David Stern set the deadline — if there is no handshake deal between NBA owners and players by Monday, the league will cancel the first two weeks of the regular season.
The two sides are playing a game of chicken. But if the season is to be saved, it has to happen Sunday.
After talks broke of on Tuesday the sides did not meet Wednesday and there are no meetings scheduled for Thursday. That makes it a tight timeline, explains Chris Broussard at ESPN.
Meanwhile, there are no talks planned for Thursday, and several of the principals are expected to observe the Jewish holiday of Yom Kippur Friday and Saturday. That means Sunday could be the only day left to save the Nov. 1 start of the regular season…

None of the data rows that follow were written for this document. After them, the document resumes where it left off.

-- ===== src/Service/Revision.antt =====
-- What an edit of the service leaves: one revision more, with its file in the ledger, or nothing.
use arno.Base.{ℕ, ◌+◌, ◌≡◌, refl, ap, ◌∙◌, Bool, List, [], ◌∷◌, ◌++◌, Option, none, some, Text}
use arno.Disk.{Disk}
use arno.Edits.Index.{Answer, ok, IndexError}
use arno.Edits.Refused.{Safe, changed, same, edits-Safe}
use arno.Edits.Observer.{
  insert_source-Same, replace_text_source-Same, replace_range_source-Same, replace_file_source-Same,
  delete_file-Same, create_file-Same, replace_symbol_source-Same, delete_symbol_source-Same,
}
use arno.Edits.Symbols.{Symbol, delete_symbol_source, replace_symbol_source}
use arno.Edits.Symbols.Refused.{
  create_file-Safe, replace_symbol_source-somewhere, delete_symbol_source-Safe,
}
use arno.Events.{Bus, Event}
use arno.Service.{StaleRevision, check_revision}
use arno.Service.Formatted.{
  recorded, before_write-recorded, format_files-recorded, snippets-observer,
}
use arno.Service.Operations.{
  Formatter, EditResponse, Reply, accepted, stale, failed, format_files, record_edit, after_edit,
  unless_stale, checking, replace_range, replace_text, insert_text, create, replace_file,
  remove_path, replace_symbol, delete_symbol,
}
use arno.Workspace.{
  Manager, RevisionEntry, revision_string, bump_revision, bumped, emit, newest, max_ledger_entries,
  sorted, entry_paths,
}
use arno.Workspace.Checkpoints.{before_write}

-- The record behind one bump for a path.
abbrev pub with_entry : Text → ℕ × List RevisionEntry → ℕ × List RevisionEntry
with_entry key (revision, ledger) =
    let entry : RevisionEntry = record {
      revision = revision + 1;
      paths = sorted (entry_paths [] (key ∷ []));
    } in
    (revision + 1, newest max_ledger_entries (ledger ++ entry ∷ []))

-- How an edit is answered. `served`: the revision went up by one and the ledger has the edit's own
-- file or symbol.
-- `refused_stale`: nothing is changed at all. `not_served`: the files, the revision and the ledger
-- are as they were.
pub data Served (own : Text → Type 0) (start : Disk Manager) : Reply × Disk Manager → Type 0 where
  served :
      (key : Text) (r : EditResponse) (d : Disk Manager)
      → own key
      → r.old_revision ≡ revision_string start.observer.revision
      → r.new_revision ≡ revision_string (start.observer.revision + 1)
      → r.changed ≡ key ∷ []
      → recorded d.observer ≡ with_entry key (recorded start.observer)
      → Served own start (accepted r, d)
  refused_stale : (e : StaleRevision) → Served own start (stale e, start)
  not_served :
      (e : IndexError) (d : Disk Manager)
      → d.files ≡ start.files
      → recorded d.observer ≡ recorded start.observer
      → Served own start (failed e, d)

bump_revision-recorded :
    (key : Text) (m : Manager)
    → recorded (bump_revision (key ∷ []) m).1 ≡ with_entry key (recorded m)
unfolding bump_revision
bump_revision-recorded key m = by_bus _ m.bus
  where
    by_bus :
        (e : Event) (b : Option Bus)
        → recorded (emit e (bumped (key ∷ []) m) b) ≡ with_entry key (recorded m)
    by_bus e none = refl
    by_bus e (some b) = refl

module _ (formatter_for : Text → Option Formatter) (resolves : Text → Bool) where
  record_edit-Served :
      (own : Text → Type 0) (start : Disk Manager) (key path : Text) (to_format : List Text)
      (added removed : ℕ) (text : Text) (d : Disk Manager)
      → own key
      → recorded d.observer ≡ recorded start.observer
      → Served own start
          (record_edit formatter_for resolves key path to_format added removed text d)
  unfolding bump_revision
  record_edit-Served own start key path to_format added removed text d k e =
      let d1 = (format_files formatter_for to_format d).1 in
      let e1 : recorded d1.observer ≡ recorded start.observer =
        format_files-recorded formatter_for to_format d ∙ e in
      served key _ _ k (ap (λ r. revision_string r.0) e1) (ap (λ r. revision_string (r.0 + 1)) e1)
        refl
        (ap recorded (snippets-observer resolves path text _)
          ∙ bump_revision-recorded key d1.observer
          ∙ ap (with_entry key) e1)

  after_edit-Served :
      {A : Type 0} (own : Text → Type 0) (start : Disk Manager) (path : Text)
      (r : Answer A × Disk Manager) (next : A → Disk Manager → Reply × Disk Manager)
      → Safe path start.files r
      → recorded r.1.observer ≡ recorded start.observer
      → ((value : A) (d : Disk Manager)
          → r ≡ (ok value, d)
          → recorded d.observer ≡ recorded start.observer
          → Served own start (next value d))
      → Served own start (after_edit formatter_for resolves next r)
  after_edit-Served own start path _ next (changed value d h) e go = go value d refl e
  after_edit-Served own start path _ next (same x d h) e go = not_served x d h e

  checking-Served :
      (own : Text → Type 0) (expected : Text) (next : Disk Manager → Reply × Disk Manager)
      (d : Disk Manager)
      → Served own d (next d)
      → Served own d (checking formatter_for resolves expected next d)
  checking-Served own expected next d h = by_check (check_revision expected d.observer)
    where
      by_check :
          (o : Option StaleRevision) → Served own d (unless_stale formatter_for resolves o next d)
      by_check none = h
      by_check (some e) = refused_stale e

  module _ (symbols_of : Text → Text → List Symbol) where
    -- The path of the symbol that the deletion answers.
    abbrev pub DeletedIn : Text → Text → Disk Manager → Text → Type 0
    DeletedIn path symbol_id d key =
        (s : Symbol) × (removed : List Text) × (d' : Disk Manager) × (delete_symbol_source
            before_write resolves symbols_of path symbol_id d
          ≡ (ok (s, removed), d'))
        × (key ≡ s.path)

    -- The id of the symbol that the replacement answers.
    abbrev pub ReplacedAs : Text → Text → Disk Manager → Text → Type 0
    ReplacedAs symbol_id text d key =
        (s : Symbol) × (old_lines : List Text) × (d' : Disk Manager) × (replace_symbol_source
            before_write resolves symbols_of symbol_id text d
          ≡ (ok (s, old_lines), d'))
        × (key ≡ s.id)

    -- Every edit of the service takes the workspace one revision on and records in the ledger its
    -- file, the path of the symbol that the deletion answered or the id of the symbol that the
    -- replacement answered, or is refused for a stale revision and changes nothing, or fails and
    -- leaves the files, the revision and the ledger as they were.
    pub edits-Served :
        (path expected text other position symbol_id : Text) (start end : ℕ) (d : Disk Manager)
        → Served
            (λ key. key ≡ path)
            d
            (replace_range formatter_for resolves path expected start end text d)
          × Served
              (λ key. key ≡ path)
              d
              (replace_text formatter_for resolves path expected other text d)
          × Served
              (λ key. key ≡ path)
              d
              (insert_text formatter_for resolves path expected other position text d)
          × Served (λ key. key ≡ path) d (create formatter_for resolves path text d)
          × Served (λ key. key ≡ path) d (replace_file formatter_for resolves path text d)
          × Served (λ key. key ≡ path) d (remove_path formatter_for resolves path d)
          × Served
              (DeletedIn path symbol_id d)
              d
              (delete_symbol formatter_for resolves symbols_of path symbol_id expected d)
          × Served
              (ReplacedAs symbol_id text d)
              d
              (replace_symbol formatter_for resolves symbols_of symbol_id expected text d)
    unfolding replace_range replace_text insert_text create replace_file remove_path delete_symbol
        replace_symbol
    edits-Served path expected text other position symbol_id start end d =
        let safe = edits-Safe before_write resolves path other position text start end d in
        (
          checking-Served _ expected _ d (
              after_edit-Served _ d path _ _ safe.2
                (replace_range_source-Same before_write recorded before_write-recorded resolves path
                  start end text d)
                (λ lines d' _ e. record_edit-Served _ d path path _ _ _ text d' refl e)),
          checking-Served _ expected _ d (
              after_edit-Served _ d path _ _ safe.1
                (replace_text_source-Same before_write recorded before_write-recorded resolves path
                  other text d)
                (λ lines d' _ e. record_edit-Served _ d path path _ _ _ text d' refl e)),
          checking-Served _ expected _ d (
              after_edit-Served _ d path _ _ safe.0
                (insert_source-Same before_write recorded before_write-recorded resolves path other
                  position text d)
                (λ lines d' _ e. record_edit-Served _ d path path _ _ _ text d' refl e)),
          after_edit-Served _ d path _ _ (create_file-Safe before_write resolves path text d)
              (create_file-Same before_write recorded before_write-recorded resolves path text d)
              (λ lines d' _ e. record_edit-Served _ d path path _ _ _ [] d' refl e),
          after_edit-Served _ d path _ _ safe.3
              (replace_file_source-Same before_write recorded before_write-recorded resolves path
                text d)
              (λ lines d' _ e. record_edit-Served _ d path path _ _ _ [] d' refl e),
          after_edit-Served _ d path _ _ safe.4
              (delete_file-Same before_write recorded before_write-recorded resolves path d)
              (λ lines d' _ e. record_edit-Served _ d path path _ _ _ [] d' refl e),
          checking-Served _ expected _ d (
              after_edit-Served _ d path _ _
                (delete_symbol_source-Safe before_write resolves symbols_of path symbol_id d)
                (delete_symbol_source-Same before_write recorded before_write-recorded resolves
                  symbols_of path symbol_id d)
                (λ v d' a e.
                  record_edit-Served _ d v.0.path v.0.path _ _ _ [] d' (v.0, v.1, d', a, refl) e)),
          checking-Served _ expected _ d (
              let (home, safe_home) =
                replace_symbol_source-somewhere before_write resolves symbols_of symbol_id text d in
              after_edit-Served _ d home _ _ safe_home
                (replace_symbol_source-Same before_write recorded before_write-recorded resolves
                  symbols_of symbol_id text d)
                (λ v d' a e.
                  record_edit-Served _ d v.0.id v.0.path _ _ _ [] d' (v.0, v.1, d', a, refl) e)),
        )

The talks could go into Monday, but they would almost certainly have to start before then.
As we noted before, in terms of pure numbers the two sides are pretty close (well, if you consider $80 million a season and more than $500 million over the course of the deal “close”). The owners informally proposed the “concept” of a 50/50 split of revenue, the players informally said no lower than 52 percent (they got 57 percent in the last labor deal).
They could split the difference, but challenge is for Stern and union head Billy Hunter to convince the hard liners on both sides to give a little more to get a deal done. Then they have to attach the economic numbers to a salary cap system that both sides can live with. It’s a lot to do and not a lot of time to do it.
Still, they are close; Hunter described them as being on the three yard line. But any coach will tell you those last three yards are the hardest to get on the entire field.